TV, giornali, social network… perché continuiamo ad essere dei piccoli ebeti?

Alcuni già hanno iniziato questa rivoluzione utilizzando Arduino e/o stampando in 3D, e sono sicuro che molti altri vorrebbero uscire dall'apatia mentale che i media ci impongono direttamente o in alcuni casi agevolando le nostre debolezze. Tuttavia hanno solo bisogno di una spinta motivazionale. Noi siamo qui, con le nostre guide, i nostri articoli, ma soprattutto con la community fatta di persone esattamente come voi che grazie al Forum ed all'aiuto degli Autori nei commenti sono lieti si supportarvi nei vostri esperimenti. Non siete soli!

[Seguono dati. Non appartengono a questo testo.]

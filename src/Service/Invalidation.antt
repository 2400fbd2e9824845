-- ===== src/Service/Invalidation.antt =====
-- The calls that change a row and drop its cached copy.
use golang_staterpack.Prelude.{
  String, Bool, true, false, ◌≡◌, refl, sym, ◌∙◌, inl, Option, ok, if◌then◌else◌, ◌==◌, arith,
}
use golang_staterpack.Model.{Uuid, Time, Task, Bytes, pending}
use golang_staterpack.Repository.Contract.{Rewrites, restatus, claim}
use golang_staterpack.Repository.Effects.{unclaimed-Same}
use golang_staterpack.Service.Defs.{TaskService, World, key, delete, begin_processing, mark_pending}
use golang_staterpack.Service.Coherence.{
  IsCoherent, IsSound, IsCoherent-after_drop, IsCoherent-of_Fades,
}

module _ {D C B : Type 0} {s : TaskService D C B} {row : D → Uuid → Option Task}
    {entry : C → String → Option Bytes} (sound : IsSound s row entry) where
  pub delete_inv :
      (i : Uuid) (w : World D C B)
      → (delete s i w).0 ≡ ok tt
      → ((s.repo.delete i w.db).0 ≡ ok tt)
        × ((delete s i w).1.db ≡ (s.repo.delete i w.db).1)
        × ((delete s i w).1.cache ≡ (s.cache.del (key s i) w.cache).1)
  unfolding delete
  delete_inv i w h = (ground arith, ground arith, ground arith)

  pub mark_pending_inv :
      (i : Uuid) (w : World D C B)
      → (mark_pending s i w).0 ≡ ok tt
      → ((s.repo.update_status i pending "" w.db).0 ≡ ok tt)
        × ((mark_pending s i w).1.db ≡ (s.repo.update_status i pending "" w.db).1)
        × ((mark_pending s i w).1.cache ≡ (s.cache.del (key s i) w.cache).1)
  unfolding mark_pending
  mark_pending_inv i w h = (ground arith, ground arith, ground arith)

  pub begin_processing_inv :
      (i : Uuid) (w : World D C B) (b : Bool)
      → (begin_processing s i w).0 ≡ ok b
      → ((s.repo.mark_processing i w.db).0 ≡ ok b)
        × ((begin_processing s i w).1.db ≡ (s.repo.mark_processing i w.db).1)
        × ((begin_processing s i w).1.cache
            ≡ (if b then (s.cache.del (key s i) w.cache).1 else w.cache))
  unfolding begin_processing
  begin_processing_inv i w b h = (ground arith, ground arith, ground arith)

  pub Rewrites-frame :
      (i : Uuid) (f : Time → Task → Task) (d d' : D)
      → Rewrites row i f d d'
      → (j : Uuid) → (j == i) ≡ false
      → row d' j ≡ row d j
  Rewrites-frame i f d d' (now, effect) j e = effect j ∙ rw e

  pub delete-IsCoherent :
      (i : Uuid) (w : World D C B)
      → (s.cache.del (key s i) w.cache).0 ≡ ok tt
      → IsCoherent s row entry w
      → (delete s i w).0 ≡ ok tt
      → IsCoherent s row entry (delete s i w).1
  delete-IsCoherent i w acknowledged coherent h =
      let (result, db, cache) = delete_inv i w h in
      let (_, effect) = sound.contract.delete_ok i w.db result in
      IsCoherent-after_drop sound i w (delete s i w).1 (λ j e. rw (db, effect j, e))
        (rw cache (sound.redis.del_removes (key s i) w.cache))
        (rw cache (sound.redis.del_ok (key s i) w.cache acknowledged)) coherent

  pub mark_pending-IsCoherent :
      (i : Uuid) (w : World D C B)
      → (s.cache.del (key s i) w.cache).0 ≡ ok tt
      → IsCoherent s row entry w
      → (mark_pending s i w).0 ≡ ok tt
      → IsCoherent s row entry (mark_pending s i w).1
  mark_pending-IsCoherent i w acknowledged coherent h =
      let (result, db, cache) = mark_pending_inv i w h in
      let (_, effect) = sound.contract.update_status_ok i pending "" w.db result in
      IsCoherent-after_drop sound i w (mark_pending s i w).1
        (λ j e. rw db (Rewrites-frame i (restatus pending "") w.db _ effect j e))
        (rw cache (sound.redis.del_removes (key s i) w.cache))
        (rw cache (sound.redis.del_ok (key s i) w.cache acknowledged)) coherent

  pub begin_processing-IsCoherent :
      (i : Uuid) (w : World D C B) (b : Bool)
      → (s.cache.del (key s i) w.cache).0 ≡ ok tt
      → IsCoherent s row entry w
      → (begin_processing s i w).0 ≡ ok b
      → IsCoherent s row entry (begin_processing s i w).1
  begin_processing-IsCoherent i w true acknowledged coherent h =
      let (result, db, cache) = begin_processing_inv i w true h in
      let (_, effect) = sound.contract.mark_processing_ok i w.db true result in
      IsCoherent-after_drop sound i w (begin_processing s i w).1
        (λ j e. rw db (Rewrites-frame i claim w.db _ effect j e))
        (rw cache (sound.redis.del_removes (key s i) w.cache))
        (rw cache (sound.redis.del_ok (key s i) w.cache acknowledged)) coherent
  begin_processing-IsCoherent i w false acknowledged coherent h =
      let (result, db, cache) = begin_processing_inv i w false h in
      let (answer, effect) = sound.contract.mark_processing_ok i w.db false result in
      IsCoherent-of_Fades sound w (begin_processing s i w).1
        (λ j. rw db (unclaimed-Same row i w.db _ (sym answer) effect j)) (λ k. rw cache (inl refl))
        coherent

-- A call that changes the row of task `i`, and that succeeds.
pub data Changes {D C B : Type 0} (s : TaskService D C B) (i : Uuid) (w : World D C B)
    : World D C B → Type 0 where
  deletes : (delete s i w).0 ≡ ok tt → Changes s i w (delete s i w).1
  resets : (mark_pending s i w).0 ≡ ok tt → Changes s i w (mark_pending s i w).1
  begins : (b : Bool) → (begin_processing s i w).0 ≡ ok b → Changes s i w (begin_processing s i w).1

-- `Delete`, `BeginProcessing` and `MarkPending` keep the cache in agreement with the database when
-- they succeed and Redis acknowledges the removal of the task's entry.
pub Changes-IsCoherent :
    {D C B : Type 0} {s : TaskService D C B} {row : D → Uuid → Option Task}
    {entry : C → String → Option Bytes}
    → IsSound s row entry
    → (i : Uuid) (w w' : World D C B) → IsCoherent s row entry w
    → (s.cache.del (key s i) w.cache).0 ≡ ok tt
    → Changes s i w w'
    → IsCoherent s row entry w'
Changes-IsCoherent sound i w w' coherent acknowledged (Changes.deletes h) =
    delete-IsCoherent sound i w acknowledged coherent h
Changes-IsCoherent sound i w w' coherent acknowledged (Changes.resets h) =
    mark_pending-IsCoherent sound i w acknowledged coherent h
Changes-IsCoherent sound i w w' coherent acknowledged (Changes.begins b h) =
    begin_processing-IsCoherent sound i w b acknowledged coherent h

Negli anni '80 e '90 la televisione è stato il mezzo di comunicazione principale, attraendo la maggior parte dell'attenzione, seguita da giornali e radio. Queste tipologie di media avevano, ed hanno ancora, in comune una caratteristica spesso sottovalutata: sono monodirezionali.
Infatti le informazioni viaggiano solo dal media verso l'utente il quale non può far altro che ricevere passivamente tutte le notizie che vengono trasmesse.
Inoltre se aggiungiamo anche la possibilità di manipolazioni e lanci di messaggi subliminali, è facile comprendere come tutto questo sia veramente fastidioso e deleterio.

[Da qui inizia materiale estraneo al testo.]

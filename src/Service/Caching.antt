-- ===== src/Service/Caching.antt =====
-- What `Get` answers from the cache and from the database.
use golang_staterpack.Prelude.{
  String, ◌≡◌, refl, ap, ◌∙◌, ◌⊎◌, inl, inr, Option, some, Result, ok, err, Result-cases,
  Bool-cases, Option-cases, ◌==◌, arith, ==_refl, ==_iff,
}
use golang_staterpack.Errors.{Fault}
use golang_staterpack.Model.{Uuid, Time, Task, Bytes, failed}
use golang_staterpack.Libraries.Json.{Codec}
use golang_staterpack.Repository.Contract.{IsContract}
use golang_staterpack.Service.Defs.{
  TaskService, World, key, cache_set, get, mark_failed, cached_task, cache_ttl,
}
use golang_staterpack.Service.Coherence.{
  public, Shows, IsCoherent, IsSound, key-ne, Shows-Stays, IsCoherent-of_Fades,
}

-- The world after a lookup in the cache and one in the database.
abbrev pub asked : {D C B : Type 0} → TaskService D C B → Uuid → World D C B → World D C B
asked s i w = record w {
  db = (s.repo.get_by_id i w.db).1;
  cache = (s.cache.get (key s i) w.cache).1;
}

cached_task_inv :
    (tasks : Codec Task) (r : Result Fault Bytes) (t : Task)
    → cached_task tasks r ≡ some t
    → (raw : Bytes) × (r ≡ ok raw) × (tasks.unmarshal raw ≡ ok t)
cached_task_inv tasks (ok raw) t h = (raw, refl, ground arith)
cached_task_inv tasks (err e) t h = absurd (cc)

module _ {D C B : Type 0} {s : TaskService D C B} {row : D → Uuid → Option Task}
    {entry : C → String → Option Bytes} (sound : IsSound s row entry) where
  pub cache_set-ok : (k : String) (t : Task) (w : World D C B) → (cache_set s k t w).0 ≡ ok tt
  unfolding cache_set
  cache_set-ok k t w = ground arith

  cache_set_inv :
      (k : String) (t : Task) (w : World D C B)
      → ((raw : Bytes) × (s.encoding.tasks.marshal t ≡ ok raw)
          × ((cache_set s k t w).1 ≡ record w { cache = (s.cache.set k raw cache_ttl w.cache).1 }))
        ⊎ ((cache_set s k t w).1 ≡ w)
  unfolding cache_set
  cache_set_inv k t w = elim (Result-cases (s.encoding.tasks.marshal t)) [
    | inl (raw, q) ↦ inl (raw, q, ground arith)
    | inr (e, q) ↦ inr (ground arith)
  ]

  IsCoherent-after_write :
      (i : Uuid) (t : Task) (raw : Bytes) (w : World D C B)
      → row w.db i ≡ some t
      → s.encoding.tasks.marshal t ≡ ok raw
      → IsCoherent s row entry w
      → IsCoherent s row entry
          (record w { cache = (s.cache.set (key s i) raw cache_ttl w.cache).1 })
  IsCoherent-after_write i t raw w held q coherent j u shows =
      let c = (s.cache.set (key s i) raw cache_ttl w.cache).1 in
      let (frames, own) = sound.redis.set_writes (key s i) raw cache_ttl w.cache in
      elim (Bool-cases (j == i)) [
        | inr ne ↦
            coherent j u
              (Shows-Stays sound w.cache c j u (frames (key s j) (key-ne sound j i ne)) shows)
        | inl eq ↦
            let same = (==_iff j i).0 eq in
            elim own [
              | inl stays ↦ coherent j u (Shows-Stays sound w.cache c j u (rw same stays) shows)
              | inr fresh ↦
                  let (raw', at_j, d) = shows in
                  let written : entry c (key s j) ≡ some raw = rw same fresh in
                  let d' = sound.tasks t raw q in (t, rw same held, cc)
            ]
      ]

  IsCoherent-after_set :
      (i : Uuid) (t : Task) (w : World D C B)
      → row w.db i ≡ some t
      → IsCoherent s row entry w
      → IsCoherent s row entry (cache_set s (key s i) t w).1
  IsCoherent-after_set i t w held coherent = elim (cache_set_inv (key s i) t w) [
    | inl (raw, q, e) ↦ rw e (IsCoherent-after_write i t raw w held q coherent)
    | inr e ↦ rw e coherent
  ]

  pub get_inv :
      (i : Uuid) (w : World D C B) (t : Task)
      → (get s i w).0 ≡ ok t
      → let c = (s.cache.get (key s i) w.cache).1 in
        Shows s entry w.cache i t × ((get s i w).1 ≡ record w { cache = c })
        ⊎ ((s.repo.get_by_id i w.db).0 ≡ ok t)
          × ((get s i w).1 ≡ (cache_set s (key s i) t (asked s i w)).1)
  unfolding get
  get_inv i w t h =
      let answer = (s.cache.get (key s i) w.cache).0 in
      elim (Option-cases (cached_task s.encoding.tasks answer)) [
        | inl miss ↦ inr (ground arith, ground (arith, cache_set-ok (key s i) t (asked s i w)))
        | inr (u, hit) ↦
            let (raw, held, decoded) = cached_task_inv s.encoding.tasks answer u hit in
            inl (
              (raw, sound.redis.get_ok (key s i) w.cache raw held, decoded ∙ ground arith),
              ground arith,
            )
      ]

  pub IsCoherent-after_get :
      (i : Uuid) (w : World D C B) → IsCoherent s row entry w → IsCoherent s row entry (asked s i w)
  IsCoherent-after_get i w =
      IsCoherent-of_Fades sound w (asked s i w) (sound.contract.get_reads i w.db)
        (sound.redis.get_reads (key s i) w.cache)

  get_agrees_at :
      (i : Uuid) (w : World D C B) (t : Task)
      → IsCoherent s row entry w
      → (get s i w).0 ≡ ok t
      → ((u : Task) × (row w.db i ≡ some u) × (public t ≡ public u))
        × IsCoherent s row entry (get s i w).1
  get_agrees_at i w t coherent h = elim (get_inv i w t h) [
    | inl (shows, after) ↦
        let (u, held, same) = coherent i t shows in
        (
          (u, held, ap public same),
          rw after (
              IsCoherent-of_Fades sound w (record w { cache = (s.cache.get (key s i) w.cache).1 })
                (λ j. refl) (sound.redis.get_reads (key s i) w.cache) coherent),
        )
    | inr (found, after) ↦
        let held = sound.contract.get_ok i w.db t found in
        (
          (t, held, refl),
          rw after (
              IsCoherent-after_set i t (asked s i w) (sound.contract.get_reads i w.db i ∙ held)
                (IsCoherent-after_get i w coherent)),
        )
  ]

-- While the cache agrees with the database, `Get` answers with the task's row, less `DeletedAt`,
-- whether the cache has it, misses it or fails; and the cache agrees with the database afterwards.
pub get_agrees :
    {D C B : Type 0} {s : TaskService D C B} {row : D → Uuid → Option Task}
    {entry : C → String → Option Bytes}
    → IsSound s row entry
    → (i : Uuid) (w : World D C B) (t : Task) → IsCoherent s row entry w
    → (get s i w).0 ≡ ok t
    → ((u : Task) × (row w.db i ≡ some u) × (public t ≡ public u))
      × IsCoherent s row entry (get s i w).1
get_agrees sound i w t coherent h = get_agrees_at sound i w t coherent h

-- `MarkFailed` leaves the cache alone: a task that the cache holds is still served as it was, though
-- its row says `failed`.
pub get-mark_failed :
    {D C B : Type 0} (s : TaskService D C B) (row : D → Uuid → Option Task)
    → IsContract s.repo row
    → (i : Uuid) (w : World D C B) (raw : Bytes) (t u : Task)
    → (s.cache.get (key s i) w.cache).0 ≡ ok raw
    → s.encoding.tasks.unmarshal raw ≡ ok t
    → row w.db i ≡ some u
    → (mark_failed s i w).0 ≡ ok tt
    → let w' = (mark_failed s i w).1 in
      ((get s i w').0 ≡ ok t)
      × ((now : Time) × (row w'.db i ≡ some (record u { status = failed; updated_at = now })))
unfolding get mark_failed
get-mark_failed s row contract i w raw t u cached decoded held h =
    let (_, (now, effect)) = contract.update_status_ok i failed "" w.db h in
    (ground arith, (now, rw (effect i, ==_refl i, held)))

Immaginate di discutere con una persona e che voi non possiate replicare, e poi che le parole del vostro interlocutore siano irritanti e sconvolgenti, fomentando e stimolando una risposta che però non potete dare.
Sapete cosa succede? Imploderete! L'unica possibilità che il vostro corpo ha di difendersi da tale abuso è la somatizzazione, infatti scaricherete questa energia negativa sui punti deboli del vostro corpo. Non è un caso che le malattie psicosomatiche sono in continua crescita.

Alla fine del secolo scorso in molti si sono opposti a questo condizionamento mentale, a questa passivizzazione continua, erano gli hobbisty, coloro che si costruivano da soli l'amplificatore a valvole, che iniziavano ad installarsi i primi antifurti fai-da-te, che realizzavano in casa un dispositivo per l'elettrostimolazione o la magnetoterapia. La bibbia di questo movimento è stata la rivista "Nuova Elettronica". E' stato un periodo fantastico, con migliaia di persone che acquistavano i kit, leggevano gli articoli tecnici e realizzavano progetti dando sfogo alle proprie idee ma soprattutto liberandosi dalla sottomissione mediatica. Perché devo sorbirmi questa irritante e probabilmente manipolata tribuna politica o quell'inutile telequiz quando posso creare qualcosa?

Con l'avvento del web le cose sono fortunatamente cambiate. Con internet si è passati ad un utilizzo bidirezionale del media e quindi abbiamo guadagnato la possibilità di avere diritto di replica, di dire la nostra, di essere presenti nel mondo dell'informazione, sia tecnica che generalista. Fenomeni come YouReporter ne sono un classico esempio.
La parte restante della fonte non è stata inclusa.